The next event was a stress/unknown distance shoot.  Snipers were placed in the back of a German truck with the tarp closed.  On signal, the staff would start the clock and start yelling at the sniper team.  The team had to sprint 200 meters to a firing line.  They were then given a target and had to calculate distance without using laser range finding equipment. The sniper teams were given five rounds to engage the 30-centimetre target.  The whole event was timed for score and penalties were given for missed shots. Again, two of the Canadian sniper teams were the only two to successfully engage the target with their first round!


The last event was a pistol match.  Three German pistols were placed on a table. Snipers chose a pistol and were given five round to see where it hit. They were then given ten seconds to successfully engage five targets with ten rounds.  The targets had various score patches on them.  All five targets had to be hit at least once for the score to count. Our snipers all performed well at this stand.

After the competition was over, snipers were given the opportunity to mix and mingle.  Snipers fired each other's weapons and compared notes on how the business was being carried out in Afghanistan.  Of particular interest was our MacMillan TAC 50 calibre sniper rifle. 

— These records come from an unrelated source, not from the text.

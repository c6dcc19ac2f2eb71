-- ===== src/Server/Sessions/Safety.antt =====
-- Whom a datagram reaches: nobody but the session whose token it carries.
use deepspace_outpost_dx.Base.{
  leb, ◌==◌, ne→==, Bool-cases, Option-cases, drop, lookup, lookup-insert, ℕ, ◌≡◌, refl, sym, ap,
  subst, ◌∙◌, ◌≢◌, inl, inr, true, ◌||◌, some, List, arith,
}
use deepspace_outpost_dx.Endpoint.{peek_reliable_token}
use deepspace_outpost_dx.Ecs.Registry.{Registry, is_valid}
use deepspace_outpost_dx.Server.{NetEndpoint, endpoint_key}
use deepspace_outpost_dx.Server.Table.{session_or, put_session}
use deepspace_outpost_dx.Server.Table.Laws.{held, held-some}
use deepspace_outpost_dx.Server.Table.Route.{resolve_others, resolve_own}
use deepspace_outpost_dx.Server.Limit.{rate_limited}
use deepspace_outpost_dx.Server.Sessions.{
  unauth_limits, max_inputs_per_tick, Session, is_live, Sessions, seen, moved, authenticate, at_key,
  write_session, InputCommand, open_tick, input_at, on_input, on_front_door, on_tokened,
  on_reliable,
}
use deepspace_outpost_dx.Server.Sessions.Good.{token_of, IsGood}

write_other :
    (j k : ℕ) (r s : Session) (st : Sessions)
    → lookup j st.table.sessions ≡ some s
    → k ≢ j
    → lookup j (write_session k r st).table.sessions ≡ some s
unfolding put_session
write_other j k r s st h apart = lookup-insert k j r st.table.sessions ∙ rw (ne→== _ _ apart) h

-- The two keys of two sessions with different tokens differ.
apart :
    (j k : ℕ) (s : Session) (st : Sessions)
    → lookup j st.table.sessions ≡ some s
    → held token_of k st.table.sessions ≢ s.token
    → k ≢ j
apart j k s st h other same = other (
    subst (λ (i : ℕ). held token_of i st.table.sessions ≡ s.token) (sym same)
      (held-some token_of j st.table.sessions s h))

input_at_other :
    {A : Type 0} (world : Registry A) (j k : ℕ) (input : InputCommand) (tick : ℕ) (s : Session)
    (st : Sessions)
    → lookup j st.table.sessions ≡ some s
    → k ≢ j
    → lookup j (input_at world k input tick st).1.table.sessions ≡ some s
unfolding input_at
input_at_other world j k input tick s st h away =
    elim (Bool-cases (is_valid (at_key k st).entity world)) [
      | inr gone ↦ rw (gone, input_at) h
      | inl here ↦
          elim (Bool-cases
            (leb max_inputs_per_tick (open_tick tick (at_key k st)).inputs_this_window)) [
              | inl full ↦ rw (here, full, input_at) (write_other j k _ s st h away)
              | inr room ↦ rw (here, room, input_at) (write_other j k _ s st h away)
            ]
    ]

authenticate_others :
    (ep : NetEndpoint) (token tick j : ℕ) (s : Session) (st : Sessions)
    → IsGood st
    → lookup j st.table.sessions ≡ some s
    → s.token ≢ token
    → lookup j (authenticate ep token tick st).1.table.sessions ≡ some s
unfolding authenticate
authenticate_others ep token tick j s st g h other =
    resolve_others token_of (seen tick) (moved ep tick) (endpoint_key ep) token j s st.table g.sound
      h other

-- The session that is found has the token, so one with another token is not it.
authenticate_apart :
    (ep : NetEndpoint) (token tick j k : ℕ) (s : Session) (st : Sessions)
    → IsGood st
    → lookup j st.table.sessions ≡ some s
    → s.token ≢ token
    → (authenticate ep token tick st).0 ≡ some k
    → k ≢ j
unfolding authenticate
authenticate_apart ep token tick j k s st g h other found =
    let (real, same, own) =
      resolve_own token_of (seen tick) (moved ep tick) (λ s. refl) (λ s. refl) (endpoint_key ep)
        token k st.table g.sound found in
    apart j k s (authenticate ep token tick st).1
      (unfold authenticate in authenticate_others ep token tick j s st g h other)
      (λ e. other (sym e ∙ own))

-- In good order, an input, from any endpoint, leaves every session with another token than its own
-- where it was and as it was.
pub on_input_others :
    {A : Type 0} (world : Registry A) (ep : NetEndpoint) (token : ℕ) (input : InputCommand)
    (tick j : ℕ) (s : Session) (st : Sessions)
    → IsGood st
    → lookup j st.table.sessions ≡ some s
    → s.token ≢ token
    → lookup j (on_input world ep token input tick st).1.table.sessions ≡ some s
unfolding on_input
on_input_others world ep token input tick j s st g h other =
    let h' = authenticate_others ep token tick j s st g h other in
    elim (Option-cases (authenticate ep token tick st).0) [
      | inl unknown ↦ rw (unknown, on_input) h'
      | inr (k, found) ↦
          rw (found, on_input)
            (input_at_other world j k input tick s _ h'
              (authenticate_apart ep token tick j k s st g h other found))
    ]

on_tokened_others :
    (ep : NetEndpoint) (token : ℕ) (bytes : List ℕ) (tick j : ℕ) (s : Session) (st : Sessions)
    → IsGood st
    → lookup j st.table.sessions ≡ some s
    → s.token ≢ token
    → lookup j (on_tokened ep token bytes tick st).table.sessions ≡ some s
unfolding on_tokened
on_tokened_others ep token bytes tick j s st g h other =
    let h' = authenticate_others ep token tick j s st g h other in
    elim (Option-cases (authenticate ep token tick st).0) [
      | inl unknown ↦ rw (unknown, on_tokened) h'
      | inr (k, found) ↦
          rw (found, on_tokened)
            (write_other j k _ s (authenticate ep token tick st).1 h'
              (authenticate_apart ep token tick j k s st g h other found))
    ]

pub at_key-some :
    (k : ℕ) (s : Session) (st : Sessions) → lookup k st.table.sessions ≡ some s → at_key k st ≡ s
unfolding session_or
at_key-some k s st h = rw (h, session_or) refl

on_front_door_live :
    (ep : NetEndpoint) (bytes : List ℕ) (tick j : ℕ) (s : Session) (st : Sessions)
    → lookup j st.table.sessions ≡ some s
    → is_live s ≡ true
    → lookup j (on_front_door ep bytes tick st).table.sessions ≡ some s
unfolding on_front_door
on_front_door_live ep bytes tick j s st h live =
    let k = endpoint_key ep in
    let (drop, rate) = rate_limited unauth_limits k tick st.rate in
    let charged : Sessions = record st { rate = rate } in
    elim (Bool-cases (drop || is_live (at_key k st))) [
      | inl closed ↦ rw (closed, on_front_door) h
      | inr open_door ↦
          rw (open_door, on_front_door)
            (write_other j k _ s charged h (λ same.
              let me : at_key k st ≡ s =
                at_key-some k s st (ap (λ (i : ℕ). lookup i st.table.sessions) same ∙ h) in
              ground (arith, open_door, live, ap is_live me)))
    ]

-- In good order, a reliable datagram, from any endpoint, leaves every live session whose token it
-- does not carry where it was and as it was; one without a token leaves every live session so.
pub on_reliable_others :
    (ep : NetEndpoint) (bytes : List ℕ) (tick j : ℕ) (s : Session) (st : Sessions)
    → IsGood st
    → lookup j st.table.sessions ≡ some s
    → is_live s ≡ true
    → s.token ≢ peek_reliable_token bytes
    → lookup j (on_reliable ep bytes tick st).table.sessions ≡ some s
unfolding on_reliable
on_reliable_others ep bytes tick j s st g h live other =
    elim (Bool-cases (peek_reliable_token bytes == 0)) [
      | inl bare ↦ rw (bare, on_reliable) (on_front_door_live ep bytes tick j s st h live)
      | inr tokened ↦
          rw (tokened, on_reliable)
            (on_tokened_others ep (peek_reliable_token bytes) bytes tick j s st g h other)
    ]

The day wrapped up with a meal and awards ceremony back at the German base in Camp Warehouse.  The three Canadian sniper teams placed 1st, 2nd and 3rd overall. The entire day was a fun filled experience and extremely well run.  It afforded everyone an opportunity to learn and compare sniper related experiences.


----------



## In the light of things (28 Oct 2005)

good work


----------



## Pte_Martin (28 Oct 2005)

don't we have the record for the longest kill in Afghanistan


----------



## blacktriangle (28 Oct 2005)

Gotta love it.


----------



## Devlin (28 Oct 2005)

We sure do 2430 metres out if I recall the article/thread correctly. There was a thread on here about the record setting shot.


----------



## karl28 (28 Oct 2005)

Great job


----------



## meg (28 Oct 2005)

of course our guys places 1st, 2nd, and 3rd...what else do you expect from the Rocking Chair Rangers?     

congrats, guys


----------



## jmackenzie_15 (28 Oct 2005)

I love reading about stories like this.
Elite performances like this should be used as recruiting material.
Excellent work!


----------



## Pte_Martin (28 Oct 2005)

jmackenzie_15 said:
			
		

> I love reading about stories like this.
> Elite performances like this should be used as recruiting material.
> Excellent work!



I agree if we used this and other things that the cf excelled in it would help the recurting, But back on topic, good job and way to make your fellow soldiers proud


----------



## Jamz (29 Oct 2005)

CPL said:
			
		

> I agree if we used this and other things that the cf excelled in it would help the recurting, But back on topic, good job and way to make your fellow soldiers proud



Yes. That would be cool , people will like to know that , instead of watching submarine and choppers fail at work on National TV .


----------



## 3rd Horseman (29 Oct 2005)

Well done boys,.... nothing but the best!! I wonder were JTF2 was in the competition?


----------



## Kat Stevens (29 Oct 2005)

Observing from their black choppers and behind their CADPAT personal cam screens.


----------



## AoD71 (29 Oct 2005)

What else can you expect from Canada's own?!? Do you need perfect vision to be a sniper?


----------



## FormerHorseGuard (29 Oct 2005)

if you need a good sniper call 1 800 Canadian snipers. they are the best , they  prove it everytime out, i am just amazed that  the DND lets it be known we have snipers......dirty dark non politically correct warriors. 

Strange facts to be known the US snipers after ww2 when needed they were trained using a book written by a Canadian Sniper. Saw that on the history channel.  

strange that  snipers are shunned and hidden away  till they are needed.  great shooting guys.....keep it up


----------



## axeman (30 Oct 2005)

well the rcr's can have the trophies its the PATRICIA's that have the long shot .... but its still a good turn out


----------



## In the light of things (1 Nov 2005)

I believe the "longest shot" was 2 shots consecutively because the person was holding something perhaps a bomb, but I could be wrong.


----------



## 3rd Herd (3 Nov 2005)

With extreme bias; the only reason the chicken *uckers won was because there were no Pat's in country. But then maybe their instructors on sniper course were Pat's.Until a live target falls dead at a distance greater than 2300 odd meters, bragging rights are still in the west.


----------



## Bob F. (5 Nov 2005)

Did "Long-shot" remuster? ;D


----------



## geo (5 Nov 2005)

Bit of bad news from the US Army's international sniper competition @ Ft Benning this past week; their bleeding vault went up in flames. While it would be no skin off my nose for their kit to get "smoked".... there was some collateral damage in that the Cdn contingent's kit was in there.
From what I'm told... kit is a write off  (100% bummer)


----------